Gilberto Matías Ocampo

 

Una escalera. Cinco escalones, ¿es una escalera? Bueno, ocho escalones –No, no quiero escribir los números con números– entonces, son ocho escalones. Un hombre caerá, por ella, sí, caerá y es padre de dos niños y Sofía.

Cayó por la escalera. El hombre se llamará Rafael, como Lechowski, pero sólo Rafael. Bien, cayó por la escalera mientras los niños preparaban un emparedado en la cocina y Sofía telefoneaba a… cualquier persona. Bueno, la escalera estaba enferma. No. No tiene lógica. David y Salvador jugaban en el jardín; así nadie escuchará a papá caer por la escalera. Sofía salió a pasear a Negativo, Negativo será su perro. Entonces, tenemos una escalera –con sus respectivos ocho escalones– una adolescente, dos niños, un perro y un padre.

Bien. Rafael cayó por la escalera mientras los niños jugaban en el jardín, nadie había escuchado el grito de papá dentro de la casa. Ocho escalones no son suficientes para morir. La escalera tendrá catorce escalones. ¿Sofía? El perro no tiene nada extraño, ambos son prescindibles. Entonces queda una escalera –con catorce escalones–, dos niños jugando en el jardín y una víctima.

Rafael cayó por la escalera mientras los niños jugaban en el jardín, nadie había escuchado el grito de papá dentro de la casa. Es lo más común que he escuchado. Bueno, cuando los niños entraron a casa encontraron el zapato azul de papá sobre la alfombra. No, Rafael cayó por la escalera mientras los niños jugaban en el jardín, nadie había escuchado el grito de papá dentro de la casa. Intentó gritar una vez más después del golpe, pero le fue imposible, escuchaba las carcajadas de sus hijos a través de la ventana, sabía que no existía forma de pedir auxilio, pensó en el rostro de los niños cuando entraran y lo hallaran sin movimiento, inconsciente, vacío. Necesito desarrollar al personaje, sin tener que darle una evolución: Rafael había trabajado lo suficiente, merecía la casa, la escalera le había encantado, le recordaba su infancia; era la misma en la que jugaba con su hermano, era su casa, había logrado comprarla de nuevo después de veinte años.

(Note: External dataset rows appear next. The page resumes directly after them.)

-- ===== src/Vault.antt =====
-- security/vault.go, security/vault_master.go, security/cipher.go and security/cipher_engine.go: data
-- sealed under a key. `Aead` is `cipher.AEAD` of Go's library, `new_gcm` stands for `aes.NewCipher` and
-- `cipher.NewGCM`, `random` for `rand.Read` into a new slice of a length, `sha256` for `sha256.Sum256`.
pub mod Sealed
pub mod Master
pub mod Restart
mod Tests
use neo_nect_server.Base.{
  ℕ, ◌+◌, Bool, true, false, not, Option, none, some, List, [], ◌∷◌, ◌++◌, Bytes, String, ◌==◌,
  nat_eq, bytes_eq, ltb, leb, length, take, replicate, if◌then◌else◌,
}
use neo_nect_server.Error.{Result, ok, err, invalid_key_size, truncated_payload}

pub record Aead : Type 0 where
  pub nonce_size : ℕ
  -- what `Seal` appends to its first argument
  pub seal : Bytes → Bytes → Bytes
  pub open_sealed : Bytes → Bytes → Result Bytes

abbrev pub token_entropy : ℕ
token_entropy = 32

-- `sealedData[n:]`
unfoldable pub drop : ℕ → Bytes → Bytes
drop n [] = []
drop Prim.Native.Nat.zero (b ∷ bytes) = b ∷ bytes
drop (Prim.Native.Nat.suc n) (b ∷ bytes) = drop n bytes

-- `aead.Seal(nonce, nonce, …)` with the deferred `scrubBuffer(nonce)`: where the capacity of the nonce
-- has room for what is appended, the answer shares the nonce's memory, which is set to zero.
unfoldable pub appended : ℕ → Bytes → Bytes → Bytes
appended capacity nonce ciphertext =
    if leb (length nonce + length ciphertext) capacity
    then replicate (length nonce) 0 ++ ciphertext
    else nonce ++ ciphertext

unfoldable pub sealed_with : Aead → Bytes → Result Bytes → Result Bytes
unfolding appended
sealed_with aead raw_data (err e) = err e
sealed_with aead raw_data (ok nonce) = ok (appended (length nonce) nonce (aead.seal nonce raw_data))

unfoldable pub opened_with : Aead → Bytes → Result Bytes
unfolding drop
opened_with aead sealed_data =
    if ltb (length sealed_data) aead.nonce_size
    then err truncated_payload
    else aead.open_sealed (take aead.nonce_size sealed_data) (drop aead.nonce_size sealed_data)

unfoldable pub then_with : Result Aead → (Aead → Result Bytes) → Result Bytes
then_with (err e) f = err e
then_with (ok aead) f = f aead

module _ (new_gcm : Bytes → Result Aead) where
  unfoldable pub initialize_gcm : Bytes → Result Aead
  initialize_gcm master_key =
      if not (length master_key == token_entropy) then err invalid_key_size else new_gcm master_key

  unfoldable pub seal_data : (ℕ → Result Bytes) → Bytes → Bytes → Result Bytes
  unfolding initialize_gcm sealed_with then_with
  seal_data random master_key raw_data =
      then_with (initialize_gcm master_key)
        λ aead. sealed_with aead raw_data (random aead.nonce_size)

  unfoldable pub open_data : Bytes → Bytes → Result Bytes
  unfolding initialize_gcm opened_with then_with
  open_data master_key sealed_data =
      then_with (initialize_gcm master_key) λ aead. opened_with aead sealed_data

Bueno, ahora puedo agregar: Rafael y David jugaban dentro de la casa –David será el nombre de su hermano, Rafael había nombrado a su hijo de la misma forma; tiene lógica–. Su madre nunca los dejó salir por un temor inexplicable, muy pocas veces llegaron a correr en el jardín. Rafael y su hermano habían elegido la escalera, era el lugar más cómodo de la casa; podían encoger sus pequeñas piernas y jugar con sus figuritas de plomo. Mamá cuidaba a sus pequeños: ¡no corran por la escalera!… ¡Tengan cuidado!... ¡pueden caerse! Siempre dejaban algún juguete sobre la escalera, siempre corrían: subían y bajaban. Los juguetes quedaban abandonados y repartidos en los escalones.

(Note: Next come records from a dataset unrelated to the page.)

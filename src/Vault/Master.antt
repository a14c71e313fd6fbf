-- ===== src/Vault/Master.antt =====
-- security/vault_master.go and security/vault.go: the master key and the vault that it opens. `Files` is
-- the file system, `lookup_env` stands for `os.LookupEnv`, `trim` for `strings.TrimSpace` on the bytes of
-- a text, and `log.Fatalf`, which ends the process, is none.
use neo_nect_server.Base.{ℕ, Option, none, some, [], Bytes, String, ◌==◌, bytes_eq, if◌then◌else◌}
use neo_nect_server.Error.{Result, ok, err}
use neo_nect_server.Vault.{Aead, seal_data, open_data}

pub record Files : Type 0 where
  pub read_file : String → Result Bytes

-- `os.WriteFile` from the files before to those after
abbrev pub WriteFile : Type 0
WriteFile = String → Bytes → Files → Result Files

unfoldable pub non_empty : Bytes → Option Bytes
non_empty key = if key == [] then none else some key

unfoldable pub key_of_file : (Bytes → Bytes) → Result Bytes → Option Bytes
unfolding non_empty
key_of_file trim (err _) = none
key_of_file trim (ok key_data) = non_empty (trim key_data)

unfoldable pub key_of_env : (String → Option Bytes) → Option Bytes
unfolding non_empty
key_of_env lookup_env = elim (lookup_env "NEONECT_BOOTSTRAP_KEY") [
  | none ↦ none
  | some key_value ↦ non_empty key_value
]

-- `path` gives a path for the bytes of a variable.
unfoldable pub get_system_bootstrap_key :
    (String → Option Bytes) → (Bytes → Bytes) → (Bytes → String) → Files → Option Bytes
unfolding key_of_file key_of_env
get_system_bootstrap_key lookup_env trim path files =
    elim (lookup_env "NEONECT_BOOTSTRAP_KEY_FILE") [
      | none ↦ key_of_env lookup_env
      | some file_path ↦
          if file_path == []
          then key_of_env lookup_env
          else key_of_file trim (files.read_file (path file_path))
    ]

module _ (new_gcm : Bytes → Result Aead) where
  unfoldable pub opened : Bytes → Result Bytes → Result Bytes
  opened bootstrap_key (err e) = err e
  opened bootstrap_key (ok cipher_data) = open_data new_gcm bootstrap_key cipher_data

  -- with the bootstrap key that `getSystemBootstrapKey` answers
  unfoldable pub load_and_decrypt_master_key : Bytes → String → Files → Result Bytes
  unfolding opened
  load_and_decrypt_master_key bootstrap_key key_path files =
      opened bootstrap_key (files.read_file key_path)

  unfoldable pub written : WriteFile → String → Files → Result Bytes → Result Files
  written write_file path files (err e) = err e
  written write_file path files (ok sealed_data) = write_file path sealed_data files

  unfoldable pub create_master_key :
      WriteFile → (ℕ → Result Bytes) → Bytes → String → Bytes → Files → Result Files
  unfolding written
  create_master_key write_file random bootstrap_key path key_data files =
      written write_file path files (seal_data new_gcm random bootstrap_key key_data)

  unfoldable pub engine_key : (Bytes → Bytes) → Result Bytes → Result Bytes
  engine_key sha256 (err e) = err e
  engine_key sha256 (ok master_secret) = ok (sha256 master_secret)

  -- the key of the vault
  unfoldable pub new_system_vault : (Bytes → Bytes) → Bytes → String → Files → Result Bytes
  unfolding engine_key load_and_decrypt_master_key
  new_system_vault sha256 bootstrap_key master_secret_path files =
      engine_key sha256 (load_and_decrypt_master_key bootstrap_key master_secret_path files)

Los hermanos jamás tuvieron tiempo para recoger las figuritas, no había tiempo. Jugar a los vaqueros, correr, subir y bajar, morir por una bala perdida, o por pisar alguna figurita y rodar por la escalera… bueno, ésa puede ser la causa. Los hijos de Rafael revivían la infancia del hombre; le recordaban los mejores años de su vida: antes de perder la casa. Rafael bajaba por la escalera ¿por qué bajaba Rafael? Necesito un motivo. Rafael cayó por la escalera mientras los niños jugaban en el jardín. No necesito dar un motivo, Rafael cayó por la escalera mientras los niños jugaban en el jardín, tropezó con una figurita de plomo, un cadete, el cadete azul, su favorito. Siempre lo elegía para jugar. Había heredado las figuritas a sus hijos. El temor de mamá había llegado: Rafael tropezó por la escalera, cayó de bruces, se fracturó una pierna, el peso de su cuerpo sobre la sien izquierda. Quedó inmóvil unos segundos. Poco a poco perdía el conocimiento mientras pensaba en los rostros de sus hijos. Bien, podemos decir que estar sentado en una escalera no inspira mucho para escribir, las particularidades siempre se me han complicado. Rafael caerá por la escalera, resbalará, no habrá ningún cadete azul, no habrá niños. Rafael es un hombre solitario. Caerá por la escalera en la que solía jugar de niño. Nadie notará su ausencia. La escalera es tiempo. Todos hemos jugado en una escalera.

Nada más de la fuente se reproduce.